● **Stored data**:
━━━━━━━━
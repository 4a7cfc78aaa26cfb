-- ===== src/Protocol/Frames.antt =====
-- What one side encodes the other side decodes, and `decode` tells the kinds of frames apart.
use mesh_chat.Prelude.{
  ℕ, ◌^◌, ◌≤◌, ◌<◌, ◌≡◌, ◌≢◌, sym, ◌∙◌, ap, inl, inr, Bytes, [], ◌∷◌, ◌++◌, length, length-append,
  take, drop, take-append, drop-append, ltb, ◌==◌, false, arith, Bool-cases, IsByte, All, All-drop,
  take-append-drop, length-take, length-drop,
}
use mesh_chat.Error.{Error, Result, ok, Result-cases}
use mesh_chat.Codec.{to_be_bytes, from_be_bytes}
use mesh_chat.Codec.Frames.{from_be_bytes-to_be_bytes, length-to_be_bytes}
use mesh_chat.Protocol.{
  Json, Control, Frame, control, chunk, encode_control, encode_chunk, decode, decode_control,
  decode_chunk, kind_control, kind_chunk,
}

-- Every control message that could be encoded is decoded to itself.
pub decode-encode_control :
    (json : Json) (c : Control) (buf : Bytes)
    → encode_control json c ≡ ok buf
    → decode json buf ≡ ok (control c)
unfolding encode_control decode
decode-encode_control json c buf e = elim (Result-cases (json.to_vec c)) [
  | inl (body, r) ↦ ground (arith, r, json.from_slice-to_vec c body r)
  | inr (m, r) ↦ cc (rw r at e)
]

take_id : (n : ℕ) (id rest : Bytes) → length id ≡ n → take n (id ++ rest) ≡ id
take_id n id rest h = rw (← h) (take-append id rest)

drop_id : (n : ℕ) (id rest : Bytes) → length id ≡ n → drop n (id ++ rest) ≡ rest
drop_id n id rest h = rw (← h) (drop-append id rest)

decode_chunk-parts :
    (id : Bytes) (seq : ℕ) (bytes : Bytes)
    → length id ≡ 16
    → seq < 2 ^ 32
    → decode_chunk (id ++ (to_be_bytes seq ++ bytes)) ≡ ok (chunk id seq bytes)
unfolding decode_chunk
decode_chunk-parts id seq bytes h s =
    rw
      (
        take_id 16 id (to_be_bytes seq ++ bytes) h,
        drop_id 16 id (to_be_bytes seq ++ bytes) h,
        take_id 4 (to_be_bytes seq) bytes (length-to_be_bytes seq),
        drop_id 4 (to_be_bytes seq) bytes (length-to_be_bytes seq),
        from_be_bytes-to_be_bytes seq s,
      )
      (ground (
        arith,
        length-append id (to_be_bytes seq ++ bytes),
        length-append (to_be_bytes seq) bytes,
        length-to_be_bytes seq,
      ))

-- A chunk comes back with its transfer, its number and its bytes, whatever the bytes are.
pub decode-encode_chunk :
    (json : Json) (id : Bytes) (seq : ℕ) (bytes : Bytes)
    → length id ≡ 16
    → seq < 2 ^ 32
    → decode json (encode_chunk id seq bytes) ≡ ok (chunk id seq bytes)
unfolding decode encode_chunk
decode-encode_chunk json id seq bytes h s = decode_chunk-parts id seq bytes h s

from_be_bytes-parts :
    (body : Bytes)
    → All IsByte body
    → 4 ≤ length body
    → (to_be_bytes (from_be_bytes (take 4 body)) ≡ take 4 body)
      × (from_be_bytes (take 4 body) < 2 ^ 32)
unfolding from_be_bytes to_be_bytes
from_be_bytes-parts (a ∷ b ∷ c ∷ d ∷ s) (ha, (hb, (hc, (hd, h)))) l =
    (four (omega arith) (omega arith) (omega arith) (omega arith), omega arith)
  where
    four :
        {p q r t : ℕ}
        → p ≡ a
        → q ≡ b
        → r ≡ c
        → t ≡ d
        → ◌≡◌ {A = Bytes} (p ∷ q ∷ r ∷ t ∷ []) (a ∷ b ∷ c ∷ d ∷ [])
    four ep eq er et = cc
from_be_bytes-parts [] h l = absurd (omega arith)
from_be_bytes-parts (a ∷ []) h l = absurd (omega arith)
from_be_bytes-parts (a ∷ b ∷ []) h l = absurd (omega arith)
from_be_bytes-parts (a ∷ b ∷ c ∷ []) h l = absurd (omega arith)

long_enough : (body : Bytes) → ltb (length body) 20 ≡ false → 20 ≤ length body
long_enough body h = ground arith

-- The parts of a chunk, put together again.
decode_chunk-rebuilds :
    (body id bytes : Bytes) (seq : ℕ)
    → All IsByte body
    → decode_chunk body ≡ ok (chunk id seq bytes)
    → (body ≡ id ++ (to_be_bytes seq ++ bytes)) × (length id ≡ 16) × (seq < 2 ^ 32)
unfolding decode_chunk
decode_chunk-rebuilds body id bytes seq h e = elim (Bool-cases (ltb (length body) 20)) [
  | inl short ↦ cc (rw short at e)
  | inr long ↦
      let rest : Bytes = drop 16 body in
      let (whole, small) =
        from_be_bytes-parts rest (All-drop IsByte 16 body h)
          (omega (arith, length-drop 16 body, long_enough body long)) in
      let f : ◌≡◌ {A = Result Error Frame}
          (ok (chunk (take 16 body) (from_be_bytes (take 4 rest)) (drop 4 rest)))
          (ok (chunk id seq bytes)) =
        rw long at e in
      let eid : take 16 body ≡ id = cc in
      let eseq : from_be_bytes (take 4 rest) ≡ seq = cc in
      let ebytes : drop 4 rest ≡ bytes = cc in
      (
        sym (take-append-drop 16 body)
            ∙ ap (◌++◌ (take 16 body))
                (sym (take-append-drop 4 rest) ∙ ap (λ (x : Bytes). x ++ drop 4 rest) (sym whole))
            ∙ rw (eid, eseq, ebytes),
        ap (λ (x : Bytes). length x) (sym eid)
            ∙ omega (arith, length-take 16 body, long_enough body long),
        omega arith,
      )
]

not_control :
    (json : Json) (body id bytes : Bytes) (seq : ℕ)
    → decode_control json body ≢ ok (chunk id seq bytes)
unfolding decode_control
not_control json body id bytes seq e = elim (Result-cases (json.from_slice body)) [
  | inl (c, r) ↦ cc (rw r at e)
  | inr (m, r) ↦ cc (rw r at e)
]

-- A frame that decodes to a chunk is the encoding of that chunk, with a transfer id of 16 bytes and
-- a number of 32 bits; so no two frames decode to one chunk.
pub encode_chunk-decode :
    (json : Json) (buf id bytes : Bytes) (seq : ℕ)
    → All IsByte buf
    → decode json buf ≡ ok (chunk id seq bytes)
    → (buf ≡ encode_chunk id seq bytes) × (length id ≡ 16) × (seq < 2 ^ 32)
unfolding decode encode_chunk
encode_chunk-decode json [] id bytes seq h e = cc
encode_chunk-decode json (kind ∷ body) id bytes seq h e = elim (Bool-cases (kind == kind_control)) [
  | inl message ↦ absurd (not_control json body id bytes seq (rw message at e))
  | inr other ↦ elim (Bool-cases (kind == kind_chunk)) [
    | inl data_frame ↦
        let (whole, l, s) =
          decode_chunk-rebuilds body id bytes seq h.1 (rw (other, data_frame) at e) in
        (
          ap (λ (x : Bytes). kind ∷ x) whole
              ∙ ap (λ (k : ℕ). k ∷ (id ++ (to_be_bytes seq ++ bytes))) (ground arith),
          l,
          s,
        )
    | inr unknown ↦ cc (rw (other, unknown) at e)
  ]
]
━━━━━━━━
● **What the task asks**: Your answer should consist of the lines from the line with "omega (arith, length-take" to the line with "-- a number" above, repeated exactly, both ends included.

● **Task solution**:
            ∙ omega (arith, length-take 16 body, long_enough body long),
        omega arith,
      )
]

not_control :
    (json : Json) (body id bytes : Bytes) (seq : ℕ)
    → decode_control json body ≢ ok (chunk id seq bytes)
unfolding decode_control
not_control json body id bytes seq e = elim (Result-cases (json.from_slice body)) [
  | inl (c, r) ↦ cc (rw r at e)
  | inr (m, r) ↦ cc (rw r at e)
]

-- A frame that decodes to a chunk is the encoding of that chunk, with a transfer id of 16 bytes and
-- a number of 32 bits; so no two frames decode to one chunk.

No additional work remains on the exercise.